Though the iPhone 4S appears nearly identical to the current iPhone 4, it is, as my colleague Tim Bajarin points out a revolutionary device because of its voice-based Siri interface. For the past 20 years, we humans have learned to point and click, but this has never been a natural way to interact with our environment. Touch and speech, on the other hand, have been around since we were living in caves.

“Speech is no longer an add-on,” says Vladimir Sejnoha, chief technical officer of Nuance, probably the world’s leading speech technology company. “It is a fundamental building block when designing the next generation of user interfaces.”

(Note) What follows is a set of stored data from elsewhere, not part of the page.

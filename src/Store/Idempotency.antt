-- ===== src/Store/Idempotency.antt =====
-- `CreateRun` under a repeated idempotency key.
use run_mesh.Base.{
  ℕ, String, Bool, true, false, not, ◌&&◌, ◌≡◌, refl, sym, Option, none, some, List, [], ◌∷◌, ◌++◌,
  arith, ◌==◌, ==_refl, str_eq, eq_iff, Bool-cases, inl, inr, ||_false, Result, ok, Holds,
  Holds-bind, Holds-ok, refuse_if, refuse_if-eq-ok, or_fail, or_fail-eq-ok, ◌>>=◌, >>=-eq-ok,
  conflict, not_found,
}
use run_mesh.Base.Tables.{find?, exists, update_where}
use run_mesh.Store.Db.{Db, Env, Definition, Run, Artifact, insert_event, insert_audit}
use run_mesh.Store.CreateRun.{
  create_run, insert_run, input_uri, is_input, attach_input, is_free, has_key, owned_definition,
  get_run_tx, new_run,
}

module _ {A : Type 0} where
  find?-exists : (p : A → Bool) (xs : List A) (a : A) → find? p xs ≡ some a → exists p xs ≡ true
  unfolding find? exists
  find?-exists p [] a h = absurd (cc)
  find?-exists p (x ∷ xs) a h = elim (Bool-cases (p x)) [
    | inl hit ↦ rw hit refl
    | inr miss ↦ rw miss (find?-exists p xs a (ground arith))
  ]

  find?-append :
      (p : A → Bool) (xs : List A) (a : A)
      → exists p xs ≡ false
      → p a ≡ true
      → find? p (xs ++ a ∷ []) ≡ some a
  unfolding find? exists
  find?-append p [] a none_fits hit = rw hit refl
  find?-append p (x ∷ xs) a none_fits hit =
      let (here, rest) = ||_false (p x) _ none_fits in rw here (find?-append p xs a rest hit)

  -- An update that keeps what a test sees keeps that some row passes it.
  find?-update :
      (p q : A → Bool) (f : A → A) (xs : List A) (a : A)
      → ((x : A) → p (f x) ≡ p x)
      → find? p xs ≡ some a
      → (b : A) × (find? p (update_where q f xs) ≡ some b)
  unfolding find? update_where
  find?-update p q f [] a same h = absurd (cc)
  find?-update p q f (x ∷ xs) a same h = elim (Bool-cases (q x)) [
    | inl picked ↦ elim (Bool-cases (p x)) [
      | inl hit ↦ (f x, rw (picked, same x, hit) refl)
      | inr miss ↦
          let (b, rest) = find?-update p q f xs a same (ground arith) in
          (b, rw (picked, same x, miss) rest)
    ]
    | inr left ↦ elim (Bool-cases (p x)) [
      | inl hit ↦ (x, rw (left, hit) refl)
      | inr miss ↦
          let (b, rest) = find?-update p q f xs a same (ground arith) in (b, rw (left, miss) rest)
    ]
  ]

-- What a call of `CreateRun` that returns leaves for the next one with the same key.
pub record CreateEffect (tenant definition : ℕ) (key : String) (artifact : Option ℕ)
    (r : (Run × Bool) × Db) : Type 0 where
  pub named : str_eq key "" ≡ false
  pub input : (uri : Option String) × (input_uri r.1 tenant artifact ≡ ok uri)
  pub defined :
      (d : Definition) × (find? (owned_definition tenant definition) r.1.definitions ≡ some d)
  pub stored : find? (has_key tenant key) r.1.runs ≡ some r.0.0

attached :
    (tenant run : ℕ) (artifact : Option ℕ) (uri : Option String) (db db' : Db)
    → input_uri db tenant artifact ≡ ok uri
    → attach_input artifact run db.artifacts ≡ ok db'.artifacts
    → (uri' : Option String) × (input_uri db' tenant artifact ≡ ok uri')
unfolding input_uri attach_input
attached tenant run none uri db db' h e = (none, refl)
attached tenant run (some id) uri db db' h e =
    let (_, _, ends) =
      >>=-eq-ok (refuse_if (not (exists (is_free id) db.artifacts)) conflict) _ e in
    let rows : db'.artifacts
        ≡ update_where (is_free id) (λ a. record a { workflow_run_id = some run }) db.artifacts =
      sym (ok-injective ends) in
    let (a, first, _) =
      >>=-eq-ok (or_fail (find? (is_input id tenant) db.artifacts) not_found) _ h in
    let (b, found) =
      find?-update (is_input id tenant) (is_free id) (λ a. record a { workflow_run_id = some run })
        db.artifacts a (λ x. refl) (or_fail-eq-ok _ _ first) in
    (some b.object_uri, unfold or_fail ◌>>=◌ in rw (rows, found) refl)
  where
    ok-injective : {x y : List Artifact} → Path (Result (List Artifact)) (ok x) (ok y) → x ≡ y
    ok-injective h = cc

insert_run-effect :
    (env : Env) (tenant : ℕ) (user : Option ℕ) (d : Definition) (key input : String)
    (artifact : Option ℕ) (uri : Option String) (definition : ℕ) (db : Db)
    → str_eq key "" ≡ false
    → input_uri db tenant artifact ≡ ok uri
    → find? (owned_definition tenant definition) db.definitions ≡ some d
    → exists (has_key tenant key) db.runs ≡ false
    → Holds
        (CreateEffect tenant definition key artifact)
        (insert_run env tenant user d key input artifact uri db)
unfolding insert_run insert_event insert_audit input_uri
insert_run-effect env tenant user d key input artifact uri definition db named given found fresh =
    Holds-bind _ _ _ λ artifacts attaches. Holds-bind _ _ _ λ tasks _. Holds-bind _ _ _ λ deps _.
      Holds-ok _ (record {
        named = named;
        input =
            attached tenant (env.new_uuid db.drawn) artifact uri db
              (record db { artifacts = artifacts }) given attaches;
        defined = (d, found);
        stored =
            find?-append (has_key tenant key) db.runs
              (new_run env db tenant d.id d.version input uri key) fresh has_its_key;
      })
  where
    has_its_key : (tenant == tenant && str_eq key key) ≡ true
    has_its_key = rw (==_refl tenant, (eq_iff key key).1 refl) refl

pub create_run-effect :
    (env : Env) (tenant : ℕ) (user : Option ℕ) (definition : ℕ) (key given : String)
    (artifact : Option ℕ) (db : Db)
    → Holds
        (CreateEffect tenant definition key artifact)
        (create_run env tenant user definition key given artifact db)
unfolding create_run
create_run-effect env tenant user definition key given artifact db = Holds-bind _ _ _ λ _ named.
    Holds-bind _ _ _ λ uri input. Holds-bind _ _ _ λ d found.
      let named' = refuse_if-eq-ok _ _ named in
      elim (Bool-cases (exists (has_key tenant key) db.runs)) [
        | inl again ↦ rw again (existing named' uri input d (or_fail-eq-ok _ _ found))
        | inr fresh ↦ rw fresh (
            insert_run-effect env tenant user d key _ artifact uri definition db named' input
              (or_fail-eq-ok _ _ found) fresh)
      ]
  where
    existing :
        str_eq key "" ≡ false
        → (uri : Option String) → input_uri db tenant artifact ≡ ok uri
        → (d : Definition) → find? (owned_definition tenant definition) db.definitions ≡ some d
        → Holds
            (CreateEffect tenant definition key artifact)
            (get_run_tx db tenant key >>= λ run. ok ((run, false), db))
    existing named uri input d found =
        unfold get_run_tx in
        Holds-bind _ _ _ λ run stored. Holds-ok _ (record {
          named = named;
          input = (uri, input);
          defined = (d, found);
          stored = or_fail-eq-ok _ _ stored;
        })

-- A call of CreateRun that is repeated with the same tenant, workflow, idempotency key and input artifact
-- returns the run of the first call, says that it has not created it, and changes nothing, whatever
-- input, user and time come with it.
pub create_run-idempotent :
    (env env' : Env) (tenant : ℕ) (user user' : Option ℕ) (definition : ℕ)
    (key given given' : String) (artifact : Option ℕ) (run : Run) (created : Bool) (db db' : Db)
    → create_run env tenant user definition key given artifact db ≡ ok ((run, created), db')
    → create_run env' tenant user' definition key given' artifact db' ≡ ok ((run, false), db')
create_run-idempotent env env' tenant user user' definition key given given' artifact run created db
      db' h =
    let e =
      (create_run-effect env tenant user definition key given artifact db).at ((run, created), db')
        h in
    unfold create_run get_run_tx ◌>>=◌ refuse_if or_fail in
    rw
      (
        e.named,
        e.input.1,
        e.defined.1,
        find?-exists (has_key tenant key) db'.runs run e.stored,
        e.stored,
      )
      refl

Sejnoha is faithful to the code of omerta that Apple imposes on its vendors. Although Nuance has supplied technology both to Apple and to Siri before its 2010 acquisition by Apple, he declined to discuss Nuance’s role in the iPhone 4S: “We have a great relationship with Apple. We license technology to them for a number of products. I am not able to go into greater detail. But we are very excited by what they have done. It’s a huge validation of the maturity of the speech market.”
But Sejnoha made no effort to hide his enthusiasm for the Siri approach. “It allows you to find functionality or content that is not even visible,” he says. “It provides a new dimension to smartphone interfaces, which have been sophisticated but shrunken-down desktop metaphors.”
It’s has been a long, hard slog for speech to become a core user interface technology. It took a good thirty years, from the late 60s to the late 90s for speech recognition—the ability to turn spoken words into text—to become practical. “Speech recognition is not completely solved,” says Sejnoha. “We have made great strides over the generations and the environment has changed in our favor. We now have connected systems that can send data through the clouds and update the speech models on devices.”
Recognition alone is a necessary but hardly sufficient tool for building a speech interface. For years, speech input systems have let users do little—sometimes nothing—more than speak menu commands. This made speech very useful in situations were hands-free operation was desirable or necessary, but left speech as a poor second choice where point-and-click or touch controls were available.
The big change embodied by Siri is the marriage of speech recognition with advanced natural language processing. The artificial intelligence, which required both advances in the underlying algorithms and leaps in processing power both on mobile devices and the servers that share the workload, allows software to understand not just words but the intentions behind them. “Set up an appointment with Scott Forstall for 3 pm next Wednesday” requires a program to integrate calendar, contact list, and email apps, create and send and invitation, and come back with an appropriate spoken response.
Sejnoha sees Siri in the iPhone as just a beginning. “Lots of handset OEMs are working on it,” he says. “There is a deep need for differentiation in Andoid and Apple will only light a fire under that. Our model is to work closely with customers and build unique systems tailored to their visions.” And while a speech interface can drive search, it can also become an alternative to it: “One consequence of using natural language in the user interface is direct access to information. We can figure out what you are looking for and take you directly there. You don’t always have to go through a traditional search portal. It will change some business models.”
Nor do the opportunities stop at handsets. “Speech is a big theme for in-car apps because that is a hands busy, eyes busy environment,” Sejnoha says. “All the automotive OEMs are working on next-generation connected systems. The industry is undergoing revolutionary change.”
The health care market is another hot spot. “Natural language is taking center stage in health care,” Sejnoha says. “We are mining data and using the results to populate electronic health records.” Nuance recently signed a deal with IBM to provide technology for a speech front-end to the health care implementation of its Watson question-answering system.
The key to the next breakthroughs in speech technology, Sejnoha says, is making effective use of the vast amount of speech data that now exists, a challenge that has also attracted Nuance competitors Google and Microsoft. “Most algorithms use machine learning and are very data-hungry,” he says. “No one knows yet what to do with tens of thousands of hours of speech data. The race to do that is one. We are doing fundamental research and have a relationship with IBM Research as well. It requires a broad array of techniques to model speech in a robust way and to learn the long tail statistically and the build techniques that can benefit from large amounts of data. It’s a very exciting time.”
I always have loved the Apple demos for speech recognition at WWDC and I’m looking forward to trying Siri on my iPhone.
Way back when, we were working with Apple’s speech recognition system for an automated system. One of the people in the company was from Nigeria and, while his english was impeccable, his accent was extremely thick. The old speech recognition stuff in the 1990s would just look confused whenever he spoke.
I’ll be curious to see Siri’s “learning ability” with things like this.